* [TASK INSTRUCTIONS]:
Retype, word for word, every line of the records below starting at the one that contains "update (update w.block" and ending at the one that contains "addresses_differ n = ground arith"; include both of those lines and nothing more.

-- Opening Marker --

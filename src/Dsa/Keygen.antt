-- ===== src/Dsa/Keygen.antt =====
-- The branches of `qpqc_mldsa_keygen`.
use qorechain_pqc.Base.{
  ℕ, suc, ◌≡◌, refl, ◌≢◌, ◌⊎◌, inl, inr, ℤ, true, false, Option, none, some, List, ◌++◌, ◌==◌,
  ==_self, Bool-cases, replicate, Text, arith,
}
use qorechain_pqc.Machine.{
  Ptr, null, Source, system, World, update, malloc, store, mutex_lock, mutex_unlock, draw_source,
  Cell,
}
use qorechain_pqc.Machine.Block.{update_at}
use qorechain_pqc.Machine.Ends.{Ends, Ends-mono, Settled, part, write_fresh}
use qorechain_pqc.Oqs.{Sig, SigLaws, Oqs, object_free, sig_keypair}
use qorechain_pqc.Oqs.Objects.{NoObject, obtained, object_new_cases}
use qorechain_pqc.SignBytes.{qpqc_err}
use qorechain_pqc.SignBytes.Fields.{address_ne_null}
use qorechain_pqc.Dsa.{KeyOut, status, keygen_into, keygen_with, mldsa_keygen}
use qorechain_pqc.Dsa.Hedged.{hedged_events}

-- The addresses of the two buffers, if `malloc` grants them.
abbrev pub pk_address : World → Ptr
pk_address w = suc (suc w.calls)

abbrev pub sk_address : World → Ptr
sk_address w = suc (suc (suc w.calls))

-- A fresh block of this size.
abbrev pub fresh : ℕ → Option (List Cell)
fresh n = some (replicate n none)

-- One of the two buffers was refused: QPQC_ERR, the lengths untouched, and the other buffer, if it was
-- granted, stays allocated behind its out parameter.
abbrev pub NoBuffers : Sig → World → KeyOut → ℤ × KeyOut → World → Type 0
NoBuffers s w out r v =
    ((w.refuse (suc w.calls) ≡ true)
      × (w.refuse (suc (suc w.calls)) ≡ true)
      × (v.block ≡ w.block)
      × (r.1 ≡ record out { pk = null; sk = null }))
    ⊎ ((w.refuse (suc w.calls) ≡ true)
        × (w.refuse (suc (suc w.calls)) ≡ false)
        × (v.block ≡ update w.block (sk_address w) (fresh s.length_secret_key))
        × (r.1 ≡ record out { pk = null; sk = sk_address w }))
    ⊎ ((w.refuse (suc w.calls) ≡ false)
        × (w.refuse (suc (suc w.calls)) ≡ true)
        × (v.block ≡ update w.block (pk_address w) (fresh s.length_public_key))
        × (r.1 ≡ record out { pk = pk_address w; sk = null }))

-- The primitive made a key pair of this source, and its bytes are in two fresh blocks.
pub record KeyPair (s : Sig) (source : Source) (w : World) (r : ℤ × KeyOut) (v : World)
    : Type 0 where
  pub code : r.0 ≡ status (s.keypair source).0
  pub answer : r.1 ≡ record {
    pk = pk_address w;
    pk_len = s.length_public_key;
    sk = sk_address w;
    sk_len = s.length_secret_key;
  }
  pub pk_block : v.block (pk_address w) ≡ some (part s.length_public_key (s.keypair source).1)
  pub sk_block : v.block (sk_address w) ≡ some (part s.length_secret_key (s.keypair source).2)
  pub others : (q : Ptr) → q ≢ pk_address w → q ≢ sk_address w → v.block q ≡ w.block q
  pub log : v.log ≡ hedged_events ++ w.log

abbrev pub KeygenPost : Option Sig → World → KeyOut → ℤ × KeyOut → World → Type 0
KeygenPost found w out r v =
    Settled w v
    × ((NoObject found w × (r.0 ≡ qpqc_err) × (r.1 ≡ out) × (v.block ≡ w.block) × (v.log ≡ w.log))
        ⊎ ((s : Sig) × (found ≡ some s)
            × (r.0 ≡ qpqc_err)
            × NoBuffers s w out r v
            × (v.log ≡ w.log))
        ⊎ ((s : Sig) × (found ≡ some s) × KeyPair s (w.entropy w.draws) w r v))

-- The world when both buffers have been allocated.
abbrev with_buffers : Sig → World → World
with_buffers s w = record w {
  calls = suc (suc (suc w.calls));
  block =
      update (update w.block (pk_address w) (fresh s.length_public_key)) (sk_address w)
        (fresh s.length_secret_key);
  handles = suc w.handles;
}

addresses_differ : (n : ℕ) → ((suc n == n) ≡ false) × ((n == suc n) ≡ false)
addresses_differ n = ground arith

module _ (s : Sig) (laws : SigLaws s) (out : KeyOut) (w : World) where
  abbrev made : Ptr → Option (List Cell)
  made =
      update
        (update (with_buffers s w).block (pk_address w)
          (some (part s.length_public_key (s.keypair (w.entropy w.draws)).1)))
        (sk_address w) (some (part s.length_secret_key (s.keypair (w.entropy w.draws)).2))

  made_pk : made (pk_address w) ≡ some (part s.length_public_key (s.keypair (w.entropy w.draws)).1)
  made_pk = ground (arith, addresses_differ (pk_address w))

  made_sk : made (sk_address w) ≡ some (part s.length_secret_key (s.keypair (w.entropy w.draws)).2)
  made_sk =
      update_at (sk_address w) (some (part s.length_secret_key (s.keypair (w.entropy w.draws)).2)) (
        update (with_buffers s w).block (pk_address w)
          (some (part s.length_public_key (s.keypair (w.entropy w.draws)).1)))

  made_others : (q : Ptr) → q ≢ pk_address w → q ≢ sk_address w → made q ≡ w.block q
  made_others q h k = ground arith

  keygen_into-KeyPair :
      w.held ≡ false
      → w.rng ≡ system
      → Ends
          (λ r v. Settled w v × KeyPair s (w.entropy w.draws) w r v)
          (keygen_into s out (pk_address w) (sk_address w) (with_buffers s w))
  unfolding keygen_into mutex_lock mutex_unlock sig_keypair store draw_source object_free
  keygen_into-KeyPair free sys =
      rw
        (
          address_ne_null (suc w.calls),
          address_ne_null (suc (suc w.calls)),
          free,
          sys,
          (addresses_differ (pk_address w)).0,
          update_at (pk_address w) (fresh s.length_public_key) w.block,
          write_fresh s.length_public_key (s.keypair (w.entropy w.draws)).1
              (laws.keypair_fits (w.entropy w.draws)).0,
          (addresses_differ (pk_address w)).1,
          ==_self (sk_address w) (sk_address w) refl,
          write_fresh s.length_secret_key (s.keypair (w.entropy w.draws)).2
              (laws.keypair_fits (w.entropy w.draws)).1,
        )
        (
          record { handles = refl; held = refl; rng = refl },
          record {
            code = refl;
            answer = refl;
            pk_block = made_pk;
            sk_block = made_sk;
            others = made_others;
            log = refl;
          },
        )

module _ (oqs : Oqs) (laws : (alg : Text) (s : Sig) → oqs.sig alg ≡ some s → SigLaws s) (alg : Text)
    (out : KeyOut) (w : World) (free : w.held ≡ false) (sys : w.rng ≡ system) where
  keygen_with-KeygenPost :
      (s : Sig)
      → oqs.sig alg ≡ some s
      → Ends (KeygenPost (oqs.sig alg) w out) (keygen_with out (some s) (obtained w))
  unfolding keygen_with malloc object_free
  keygen_with-KeygenPost s known = elim (Bool-cases (w.refuse (suc w.calls))) [
    | inl no_pk ↦ elim (Bool-cases (w.refuse (suc (suc w.calls)))) [
      | inl no_sk ↦
          rw (no_pk, no_sk)
            (
              record { handles = refl; held = refl; rng = refl },
              inr (inl (s, known, refl, inl (no_pk, no_sk, refl, refl), refl)),
            )
      | inr got_sk ↦
          rw (no_pk, got_sk)
            (
              record { handles = refl; held = refl; rng = refl },
              inr (inl (s, known, refl, inr (inl (no_pk, got_sk, refl, refl)), refl)),
            )
    ]
    | inr got_pk ↦ elim (Bool-cases (w.refuse (suc (suc w.calls)))) [
      | inl no_sk ↦
          rw (got_pk, no_sk, address_ne_null (suc w.calls))
            (
              record { handles = refl; held = refl; rng = refl },
              inr (inl (s, known, refl, inr (inr (got_pk, no_sk, refl, refl)), refl)),
            )
      | inr got_sk ↦
          rw (got_pk, got_sk)
            (Ends-mono (keygen_into s out (pk_address w) (sk_address w) (with_buffers s w))
              (keygen_into-KeyPair s (laws alg s known) out w free sys)
              λ r v post. (post.0, inr (inr (s, known, post.1))))
    ]
  ]

  -- With a free lock and the system generator, key generation ends without fault or deadlock, gives
  -- back its OQS_SIG and the lock and leaves the system generator in place. Without an OQS_SIG it
  -- returns QPQC_ERR with out parameters and memory untouched. If one of the buffers or both were
  -- refused, it returns QPQC_ERR as `NoBuffers` says: a buffer that was granted stays allocated.
  -- Otherwise the answer is that of the primitive on the next source of the operating system, the
  -- key pair is in two fresh blocks, every other block is unchanged, and the lock was held around the
  -- draw.
  pub mldsa_keygen-KeygenPost : Ends (KeygenPost (oqs.sig alg) w out) (mldsa_keygen oqs alg out w)
  unfolding mldsa_keygen
  mldsa_keygen-KeygenPost = elim (object_new_cases (oqs.sig alg) w) [
    | inl (why, e) ↦
        rw e (record { handles = refl; held = refl; rng = refl }, inl (why, refl, refl, refl, refl))
    | inr (s, known, grant, e) ↦ rw e (keygen_with-KeygenPost s known)
  ]
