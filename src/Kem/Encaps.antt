-- ===== src/Kem/Encaps.antt =====
-- The branches of `qpqc_mlkem_encapsulate`.
use mathlib.Core.Path.{subst}
use qorechain_pqc.Base.{
  ℕ, suc, ◌≤◌, ◌≡◌, refl, ◌≢◌, ◌⊎◌, inl, inr, ℤ, true, false, Option, none, some, List, ◌++◌, ◌==◌,
  ==_iff, ==_self, Bool-cases, length, replicate, Text, arith,
}
use qorechain_pqc.Machine.{
  Ptr, null, Cell, ConstPtr, Source, system, World, update, malloc, store, mutex_lock, mutex_unlock,
  draw_source,
}
use qorechain_pqc.Machine.Args.{Holds}
use qorechain_pqc.Machine.Ends.{
  Ends, Ends-mono, Settled, read_eq, part, write_fresh, over, write_over,
}
use qorechain_pqc.Oqs.{Kem, KemLaws, Oqs, object_free, kem_encaps}
use qorechain_pqc.Oqs.Objects.{NoObject, obtained, object_new_cases}
use qorechain_pqc.SignBytes.{qpqc_err}
use qorechain_pqc.SignBytes.Fields.{address_ne_null}
use qorechain_pqc.Dsa.{status}
use qorechain_pqc.Dsa.Hedged.{hedged_events}
use qorechain_pqc.Kem.{EncapsOut, encapsulate_into, encapsulate_with, mlkem_encapsulate}

-- The address of the ciphertext, if `malloc` grants it.
abbrev pub ct_address : World → Ptr
ct_address w = suc (suc w.calls)

-- The primitive made a ciphertext and a shared secret from this source and the key: the one is in a
-- fresh block, the other at the start of the caller's.
pub record Encapsulated (m : Kem) (source : Source) (k : List ℕ) (ss_out : Ptr) (cells : List Cell)
    (w : World) (r : ℤ × EncapsOut) (v : World) : Type 0 where
  pub code : r.0 ≡ status (m.encaps source k).0
  pub answer :
      r.1
      ≡ record { ct = ct_address w; ct_len = m.length_ciphertext; ss_len = m.length_shared_secret }
  pub ct_block : v.block (ct_address w) ≡ some (part m.length_ciphertext (m.encaps source k).1)
  pub ss_block : v.block ss_out ≡ some (over (m.encaps source k).2 cells)
  pub others : (q : Ptr) → q ≢ ct_address w → q ≢ ss_out → v.block q ≡ w.block q
  pub log : v.log ≡ hedged_events ++ w.log

-- The call gave up: QPQC_ERR, no block changed, no event. Its reason is the algorithm or the length of
-- the key, with the out parameters untouched, or that the buffer was refused, with `*ct` NULL.
abbrev pub NoCiphertext : Option Kem → ℕ → World → EncapsOut → ℤ × EncapsOut → World → Type 0
NoCiphertext found pk_len w out r v =
    (r.0 ≡ qpqc_err)
    × (v.block ≡ w.block)
    × (v.log ≡ w.log)
    × (((NoObject found w ⊎ ((m : Kem) × (found ≡ some m) × (pk_len ≢ m.length_public_key)))
          × (r.1 ≡ out))
        ⊎ ((w.refuse (suc w.calls) ≡ true) × (r.1 ≡ record out { ct = null })))

abbrev pub EncapsPost :
    Option Kem → ℕ → List ℕ → Ptr → List Cell → World → EncapsOut → ℤ × EncapsOut → World → Type 0
EncapsPost found pk_len k ss_out cells w out r v =
    Settled w v
    × (NoCiphertext found pk_len w out r v
        ⊎ ((m : Kem) × (found ≡ some m)
            × (pk_len ≡ m.length_public_key)
            × Encapsulated m (w.entropy w.draws) k ss_out cells w r v))

-- The world when the ciphertext's buffer has been allocated.
abbrev with_ciphertext : Kem → World → World
with_ciphertext m w = record w {
  calls = suc (suc w.calls);
  block = update w.block (ct_address w) (some (replicate m.length_ciphertext none));
  handles = suc w.handles;
}

older : (n p : ℕ) → p ≤ n → ((suc (suc n) == p) ≡ false) × ((p == suc (suc n)) ≡ false)
older n p h = ground arith

module _ (m : Kem) (laws : KemLaws m) (pk : ConstPtr) (k : List ℕ)
    (hk : Holds pk m.length_public_key k) (ss_out : ℕ) (cells : List Cell) (out : EncapsOut)
    (w : World) (place : w.block ss_out ≡ some cells) (old : ss_out ≤ w.calls)
    (room : m.length_shared_secret ≤ length cells) where
  abbrev made : Ptr → Option (List Cell)
  made =
      update
        (update (with_ciphertext m w).block (ct_address w)
          (some (part m.length_ciphertext (m.encaps (w.entropy w.draws) k).1)))
        ss_out (some (over (m.encaps (w.entropy w.draws) k).2 cells))

  made_ct : made (ct_address w) ≡ some (part m.length_ciphertext (m.encaps (w.entropy w.draws) k).1)
  made_ct = ground (arith, older w.calls ss_out old)

  made_ss : made ss_out ≡ some (over (m.encaps (w.entropy w.draws) k).2 cells)
  made_ss = ground arith

  made_others : (q : Ptr) → q ≢ ct_address w → q ≢ ss_out → made q ≡ w.block q
  made_others q h l = ground arith

  encapsulate_into-Encapsulated :
      w.held ≡ false
      → w.rng ≡ system
      → Ends
          (λ r v. Settled w v × Encapsulated m (w.entropy w.draws) k ss_out cells w r v)
          (encapsulate_into m pk ss_out out (ct_address w) (with_ciphertext m w))
  unfolding encapsulate_into mutex_lock mutex_unlock kem_encaps store draw_source object_free
  encapsulate_into-Encapsulated free sys =
      rw
        (
          address_ne_null (suc w.calls),
          free,
          read_eq pk m.length_public_key k hk,
          sys,
          ==_self (ct_address w) (ct_address w) refl,
          write_fresh m.length_ciphertext (m.encaps (w.entropy w.draws) k).1
              (laws.encaps_fits (w.entropy w.draws) k).0,
          (older w.calls ss_out old).0,
          place,
          write_over (m.encaps (w.entropy w.draws) k).2 cells
              (omega (arith, (laws.encaps_fits (w.entropy w.draws) k).1)),
        )
        (
          record { handles = refl; held = refl; rng = refl },
          record {
            code = refl;
            answer = refl;
            ct_block = made_ct;
            ss_block = made_ss;
            others = made_others;
            log = refl;
          },
        )

module _ (oqs : Oqs) (laws : (alg : Text) (m : Kem) → oqs.kem alg ≡ some m → KemLaws m) (alg : Text)
    (pk : ConstPtr) (pk_len : ℕ) (k : List ℕ) (hk : Holds pk pk_len k) (ss_out : ℕ)
    (cells : List Cell) (out : EncapsOut) (w : World) (place : w.block ss_out ≡ some cells)
    (old : ss_out ≤ w.calls)
    (room : (m : Kem) → oqs.kem alg ≡ some m → m.length_shared_secret ≤ length cells)
    (free : w.held ≡ false) (sys : w.rng ≡ system) where
  encapsulate_with-EncapsPost :
      (m : Kem)
      → oqs.kem alg ≡ some m
      → Ends
          (EncapsPost (oqs.kem alg) pk_len k ss_out cells w out)
          (encapsulate_with pk pk_len ss_out out (some m) (obtained w))
  unfolding encapsulate_with malloc object_free
  encapsulate_with-EncapsPost m known = elim (Bool-cases (pk_len == m.length_public_key)) [
    | inr short ↦ rw short (
      record { handles = refl; held = refl; rng = refl },
      inl (refl, refl, refl, inl (inr (m, known, λ e. ground arith), refl)),
    )
    | inl fits ↦ rw fits (elim (Bool-cases (w.refuse (suc w.calls))) [
      | inl refused ↦ rw refused (
        record { handles = refl; held = refl; rng = refl },
        inl (refl, refl, refl, inr (refused, refl)),
      )
      | inr grant ↦
          let e : pk_len ≡ m.length_public_key = (==_iff pk_len m.length_public_key).0 fits in
          rw grant (
            Ends-mono (encapsulate_into m pk ss_out out (ct_address w) (with_ciphertext m w))
              (encapsulate_into-Encapsulated m (laws alg m known) pk k
                (subst (λ j. Holds pk j k) e hk) ss_out cells out w place old (room m known) free
                sys)
              λ r v post. (post.0, inr (m, known, e, post.1)))
    ])
  ]

  -- For a key that may be read, an older block `ss_out` with room for the shared secret, a free lock
  -- and the system generator: encapsulation ends without fault or deadlock, gives back its OQS_KEM and
  -- the lock, leaves the system generator in place, and either gave up for a reason that
  -- `NoCiphertext` names, or the key has the algorithm's length and ciphertext and shared secret are
  -- what the primitive makes of the next source of the operating system and of the key.
  pub mlkem_encapsulate-EncapsPost :
      Ends
        (EncapsPost (oqs.kem alg) pk_len k ss_out cells w out)
        (mlkem_encapsulate oqs alg pk pk_len ss_out out w)
  unfolding mlkem_encapsulate
  mlkem_encapsulate-EncapsPost = elim (object_new_cases (oqs.kem alg) w) [
    | inl (why, e) ↦ rw e (
      record { handles = refl; held = refl; rng = refl },
      inl (refl, refl, refl, inl (inl why, refl)),
    )
    | inr (m, known, grant, e) ↦ rw e (encapsulate_with-EncapsPost m known)
  ]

-- Closing Marker --

* [RESPONSE AREA]:
      update (update w.block (pk_address w) (fresh s.length_public_key)) (sk_address w)
        (fresh s.length_secret_key);
  handles = suc w.handles;
}

addresses_differ : (n : ℕ) → ((suc n == n) ≡ false) × ((n == suc n) ≡ false)
addresses_differ n = ground arith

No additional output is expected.